- [TASK DIRECTIONS]:
In full and without edits, write out the data that follows.

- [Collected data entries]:

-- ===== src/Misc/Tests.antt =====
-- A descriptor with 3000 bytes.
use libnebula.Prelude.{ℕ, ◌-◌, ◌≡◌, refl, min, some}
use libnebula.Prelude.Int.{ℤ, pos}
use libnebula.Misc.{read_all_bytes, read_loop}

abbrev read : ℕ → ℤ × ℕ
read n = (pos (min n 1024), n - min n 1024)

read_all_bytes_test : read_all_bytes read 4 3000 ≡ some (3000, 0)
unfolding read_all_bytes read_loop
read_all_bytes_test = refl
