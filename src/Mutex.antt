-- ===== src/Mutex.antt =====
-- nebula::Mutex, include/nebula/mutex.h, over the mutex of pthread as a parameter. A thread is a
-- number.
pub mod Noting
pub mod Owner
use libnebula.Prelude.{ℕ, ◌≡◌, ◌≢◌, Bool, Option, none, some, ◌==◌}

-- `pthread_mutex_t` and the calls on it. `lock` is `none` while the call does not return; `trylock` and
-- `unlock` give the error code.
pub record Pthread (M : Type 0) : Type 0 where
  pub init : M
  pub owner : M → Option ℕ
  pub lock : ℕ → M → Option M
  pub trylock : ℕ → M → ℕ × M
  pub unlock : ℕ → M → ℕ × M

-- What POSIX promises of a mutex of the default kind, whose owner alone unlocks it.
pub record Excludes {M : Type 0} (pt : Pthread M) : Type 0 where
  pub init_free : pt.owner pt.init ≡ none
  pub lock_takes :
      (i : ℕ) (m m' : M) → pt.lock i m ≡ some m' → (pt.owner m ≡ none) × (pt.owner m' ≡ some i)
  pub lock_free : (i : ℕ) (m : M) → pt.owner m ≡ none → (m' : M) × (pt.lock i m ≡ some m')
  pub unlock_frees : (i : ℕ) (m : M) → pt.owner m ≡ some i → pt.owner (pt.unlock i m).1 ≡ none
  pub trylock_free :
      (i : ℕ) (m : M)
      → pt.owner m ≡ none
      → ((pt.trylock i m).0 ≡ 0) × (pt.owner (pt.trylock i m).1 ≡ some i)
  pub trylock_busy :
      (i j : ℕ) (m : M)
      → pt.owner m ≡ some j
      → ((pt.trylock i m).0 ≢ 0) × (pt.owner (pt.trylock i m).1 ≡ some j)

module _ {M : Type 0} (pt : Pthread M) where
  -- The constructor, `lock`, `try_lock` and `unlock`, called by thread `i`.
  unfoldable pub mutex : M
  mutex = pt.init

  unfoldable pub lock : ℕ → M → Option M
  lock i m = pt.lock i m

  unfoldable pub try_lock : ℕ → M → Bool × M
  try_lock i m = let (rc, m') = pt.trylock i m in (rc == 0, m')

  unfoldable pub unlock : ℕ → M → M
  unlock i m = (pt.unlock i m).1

- [ANSWER FOR THE TASK]:
-- ===== src/Misc/Tests.antt =====
-- A descriptor with 3000 bytes.
use libnebula.Prelude.{ℕ, ◌-◌, ◌≡◌, refl, min, some}
use libnebula.Prelude.Int.{ℤ, pos}
use libnebula.Misc.{read_all_bytes, read_loop}

abbrev read : ℕ → ℤ × ℕ
read n = (pos (min n 1024), n - min n 1024)

read_all_bytes_test : read_all_bytes read 4 3000 ≡ some (3000, 0)
unfolding read_all_bytes read_loop
read_all_bytes_test = refl
filename src/Mutex.antt
-- ===== src/Mutex.antt =====
-- nebula::Mutex, include/nebula/mutex.h, over the mutex of pthread as a parameter. A thread is a
-- number.
pub mod Noting
pub mod Owner
use libnebula.Prelude.{ℕ, ◌≡◌, ◌≢◌, Bool, Option, none, some, ◌==◌}

-- `pthread_mutex_t` and the calls on it. `lock` is `none` while the call does not return; `trylock` and
-- `unlock` give the error code.
pub record Pthread (M : Type 0) : Type 0 where
  pub init : M
  pub owner : M → Option ℕ
  pub lock : ℕ → M → Option M
  pub trylock : ℕ → M → ℕ × M
  pub unlock : ℕ → M → ℕ × M

-- What POSIX promises of a mutex of the default kind, whose owner alone unlocks it.
pub record Excludes {M : Type 0} (pt : Pthread M) : Type 0 where
  pub init_free : pt.owner pt.init ≡ none
  pub lock_takes :
      (i : ℕ) (m m' : M) → pt.lock i m ≡ some m' → (pt.owner m ≡ none) × (pt.owner m' ≡ some i)
  pub lock_free : (i : ℕ) (m : M) → pt.owner m ≡ none → (m' : M) × (pt.lock i m ≡ some m')
  pub unlock_frees : (i : ℕ) (m : M) → pt.owner m ≡ some i → pt.owner (pt.unlock i m).1 ≡ none
  pub trylock_free :
      (i : ℕ) (m : M)
      → pt.owner m ≡ none
      → ((pt.trylock i m).0 ≡ 0) × (pt.owner (pt.trylock i m).1 ≡ some i)
  pub trylock_busy :
      (i j : ℕ) (m : M)
      → pt.owner m ≡ some j
      → ((pt.trylock i m).0 ≢ 0) × (pt.owner (pt.trylock i m).1 ≡ some j)

module _ {M : Type 0} (pt : Pthread M) where
  -- The constructor, `lock`, `try_lock` and `unlock`, called by thread `i`.
  unfoldable pub mutex : M
  mutex = pt.init

  unfoldable pub lock : ℕ → M → Option M
  lock i m = pt.lock i m

  unfoldable pub try_lock : ℕ → M → Bool × M
  try_lock i m = let (rc, m') = pt.trylock i m in (rc == 0, m')

  unfoldable pub unlock : ℕ → M → M
  unlock i m = (pt.unlock i m).1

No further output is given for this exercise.